Yes, for several decades -- though not filesystems.

And I trivially know that software can always have bugs. I also know software
has to ship at some point, and that is a different point than the "we're 100%
sure it has 0 bugs" point -- which is not possible anyway.

I also don't believe in some cargo cult "optimal necessary period of testing"
to make sure a given piece of software has or doesn't have bugs.

I also know that it's perfectly possible to have 10x the testing in 1/10 the
time other teams/companies might take for their tests -- (e.g. by having far
heavier test suites, more intelligent tests, better fuzzing, more systems to
test on in your labs, more QA engineers thrown at the problem, or even
formally proving your software's behavior) .

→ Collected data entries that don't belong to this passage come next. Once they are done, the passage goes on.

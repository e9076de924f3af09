-- ===== src/Graph/Builder/Limit.antt =====
-- The supersteps of a run of graph/builder.py, against the recursion limit that api/service.py gives
-- to LangGraph.
use kyc_agent_nordvik.Prelude.{ℕ, ◌+◌, ◌≤◌, sym, subst, inl, inr, String, List, [], ◌∷◌, arith}
use kyc_agent_nordvik.Effects.{Result, ok, crash}
use kyc_agent_nordvik.Effects.Ensures.{IfOk}
use kyc_agent_nordvik.Schemas.Case.{KycPackage}
use kyc_agent_nordvik.Graph.State.{KycState, Update}
use kyc_agent_nordvik.Graph.Context.{PipelineContext}
use kyc_agent_nordvik.Graph.Nodes.Base.{
  NodeName, intake, router, orchestrator, extract_document, validator, risk_scorer, decision_gate,
  auto_decision, human_review, finalize, handle_error, Command,
}
use kyc_agent_nordvik.Graph.Nodes.Decide.{Review, decided, interrupted}
use kyc_agent_nordvik.Graph.Builder.{
  Pc, at, fan, waiting, ended, crashed, Slot, Config, target, after_update, after_command,
  after_worker, run_node, run_worker, reviewed, resume, Step, node, worker, gather, resumed, Reach,
  here, next,
}
use kyc_agent_nordvik.Graph.Builder.Routes.{
  GoesTo, Dispatches, router-GoesTo, orchestrator-Dispatches, validator-GoesTo,
  decision_gate-GoesTo,
}
use kyc_agent_nordvik.Graph.Builder.Safety.{submitted}

-- The most supersteps that lead to a point of the graph.
abbrev rank : Pc → ℕ
rank (at intake) = 0
rank (at router) = 1
rank (at orchestrator) = 2
rank (at extract_document) = 0
rank (at validator) = 4
rank (at risk_scorer) = 5
rank (at decision_gate) = 6
rank (at auto_decision) = 7
rank (at human_review) = 7
rank (at finalize) = 8
rank (at handle_error) = 5
rank (fan slots) = 3
rank (waiting values) = 8
rank ended = 9
rank (crashed c) = 9

rank-le : (pc : Pc) → rank pc ≤ 9
rank-le (at intake) = omega arith
rank-le (at router) = omega arith
rank-le (at orchestrator) = omega arith
rank-le (at extract_document) = omega arith
rank-le (at validator) = omega arith
rank-le (at risk_scorer) = omega arith
rank-le (at decision_gate) = omega arith
rank-le (at auto_decision) = omega arith
rank-le (at human_review) = omega arith
rank-le (at finalize) = omega arith
rank-le (at handle_error) = omega arith
rank-le (fan slots) = omega arith
rank-le (waiting values) = omega arith
rank-le ended = omega arith
rank-le (crashed c) = omega arith

goes_to :
    (k : ℕ) (a b : NodeName) (c : Command)
    → k ≤ rank (at a)
    → k ≤ rank (at b)
    → GoesTo a b c
    → k ≤ rank (target c.goto)
goes_to k a b c h h' (inl e) = subst (λ g. k ≤ rank (target g)) (sym e) h
goes_to k a b c h h' (inr e) = subst (λ g. k ≤ rank (target g)) (sym e) h'

dispatches : (c : Command) → Dispatches c → 3 ≤ rank (target c.goto)
dispatches c (inl e) = subst (λ g. 3 ≤ rank (target g)) (sym e) (omega arith)
dispatches c (inr ([], e)) = subst (λ g. 3 ≤ rank (target g)) (sym e) (omega arith)
dispatches c (inr (task ∷ tasks, e)) = subst (λ g. 3 ≤ rank (target g)) (sym e) (omega arith)

module _ {W : Type 0} where
  after_update-rank :
      (k : ℕ) (s : KycState) (pc : Pc) (r : Result Update) (w : W)
      → k ≤ rank pc
      → k ≤ rank (after_update s pc r w).pc
  unfolding after_update
  after_update-rank k s pc (ok u) w h = h
  after_update-rank k s pc (crash c) w h = omega (arith, h, rank-le pc)

  after_command-rank :
      (k : ℕ) (P : Command → Type 0) (s : KycState) (r : Result Command) (w : W)
      → k ≤ 9
      → ((c : Command) → P c → k ≤ rank (target c.goto))
      → IfOk P r
      → k ≤ rank (after_command s r w).pc
  unfolding after_command
  after_command-rank k P s (ok c) w h f p = f c p
  after_command-rank k P s (crash c) w h f p = h

  after_worker-rank :
      (s : KycState) (before after : List Slot) (r : Result Update) (w : W)
      → 3 ≤ rank (after_worker s before after r w).pc
  unfolding after_worker
  after_worker-rank s before after (ok u) w = omega arith
  after_worker-rank s before after (crash c) w = omega arith

module _ {W : Type 0} (ctx : PipelineContext W) where
  run_node-rank :
      (n : NodeName) (s : KycState) (w : W) → 1 + rank (at n) ≤ rank (run_node ctx n s w).pc
  unfolding run_node
  run_node-rank intake s w = after_update-rank 1 s (at router) _ _ (omega arith)
  run_node-rank router s w =
      after_command-rank 2 (GoesTo handle_error orchestrator) s _ _ (omega arith)
        (λ c g. goes_to 2 handle_error orchestrator c (omega arith) (omega arith) g)
        ((router-GoesTo ctx s).at w)
  run_node-rank orchestrator s w =
      after_command-rank 3 Dispatches s _ _ (omega arith) dispatches
        ((orchestrator-Dispatches ctx s).at w)
  run_node-rank extract_document s w = omega arith
  run_node-rank validator s w =
      after_command-rank 5 (GoesTo handle_error risk_scorer) s _ _ (omega arith)
        (λ c g. goes_to 5 handle_error risk_scorer c (omega arith) (omega arith) g)
        ((validator-GoesTo ctx s).at w)
  run_node-rank risk_scorer s w = after_update-rank 6 s (at decision_gate) _ _ (omega arith)
  run_node-rank decision_gate s w =
      after_command-rank 7 (GoesTo human_review auto_decision) s _ _ (omega arith)
        (λ c g. goes_to 7 human_review auto_decision c (omega arith) (omega arith) g)
        ((decision_gate-GoesTo ctx s).at w)
  run_node-rank auto_decision s w = after_update-rank 8 s (at finalize) _ _ (omega arith)
  run_node-rank human_review s w = omega arith
  run_node-rank finalize s w = after_update-rank 9 s ended _ _ (omega arith)
  run_node-rank handle_error s w = after_update-rank 6 s (at decision_gate) _ _ (omega arith)

  reviewed-rank :
      (s : KycState) (w : W) (values : _) (r : Review) → 8 ≤ rank (reviewed ctx s w values r).pc
  unfolding reviewed
  reviewed-rank s w values (decided h) = after_update-rank 8 s (at finalize) _ _ (omega arith)
  reviewed-rank s w values (interrupted payload) = omega arith

  -- A node, or the end of a fan-out, is a superstep; a worker is a part of its fan-out's, and a
  -- resumed review is a run with a limit of its own.
  abbrev pub cost : {c d : Config W} → Step ctx c d → ℕ
  cost (node n p e) = 1
  cost (worker before task after p e) = 0
  cost (gather slots us p r e) = 1
  cost (resumed values value p e) = 0

  unfoldable pub supersteps : {c d : Config W} → Reach ctx c d → ℕ
  supersteps here = 0
  supersteps (next r st) = cost st + supersteps r

  Step-rank : {c d : Config W} (st : Step ctx c d) → cost st + rank c.pc ≤ rank d.pc
  unfolding run_worker resume
  Step-rank {c} {d} (node n p e) =
      subst (λ pc. 1 + rank pc ≤ rank d.pc) (sym p)
        (subst (λ d. 1 + rank (at n) ≤ rank d.pc) (sym e) (run_node-rank n c.state c.world))
  Step-rank {c} {d} (worker before task after p e) =
      subst (λ pc. 0 + rank pc ≤ rank d.pc) (sym p)
        (subst (λ d. 3 ≤ rank d.pc) (sym e) (after_worker-rank c.state before after _ _))
  Step-rank {c} {d} (gather slots us p r e) =
      subst (λ pc. 1 + rank pc ≤ rank d.pc) (sym p)
        (subst (λ d. 4 ≤ rank d.pc) (sym e) (omega arith))
  Step-rank {c} {d} (resumed values value p e) =
      subst (λ pc. 0 + rank pc ≤ rank d.pc) (sym p)
        (subst (λ d. 8 ≤ rank d.pc) (sym e) (reviewed-rank c.state c.world _ _))

  supersteps-rank : {c d : Config W} (r : Reach ctx c d) → supersteps r + rank c.pc ≤ rank d.pc
  unfolding supersteps
  supersteps-rank here = omega arith
  supersteps-rank (next r st) = omega (arith, supersteps-rank r, Step-rank st)

  -- No way of a submitted case through the graph has more than nine supersteps, whatever the
  -- services, the registries and the reviewers answer.
  pub submitted-supersteps :
      (case_id : String) (package' : KycPackage) (w : W) (c : Config W)
      (r : Reach ctx (submitted ctx case_id package' w) c)
      → supersteps r ≤ 9
  submitted-supersteps case_id package' w c r = omega (arith, supersteps-rank r, rank-le c.pc)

Finally, I can make ad hominem arguments too: have you wrote and deployed any
filesystems before? If the domain experts designing AFS are confident to put
it in use why we should trust you? Because of your scientific observations of
checking how long other companies took to deploy their new filesystems and
extrapolating some BS "optimal deployment time" from that?

In any case, maybe visit back this thread in 1 month? If the sky hasn't fallen
for iOS 10.3 users (except, at worse, for some edge cases affecting tiny
minorities/uncommon setups), maybe you'll be ready for your serving of crow?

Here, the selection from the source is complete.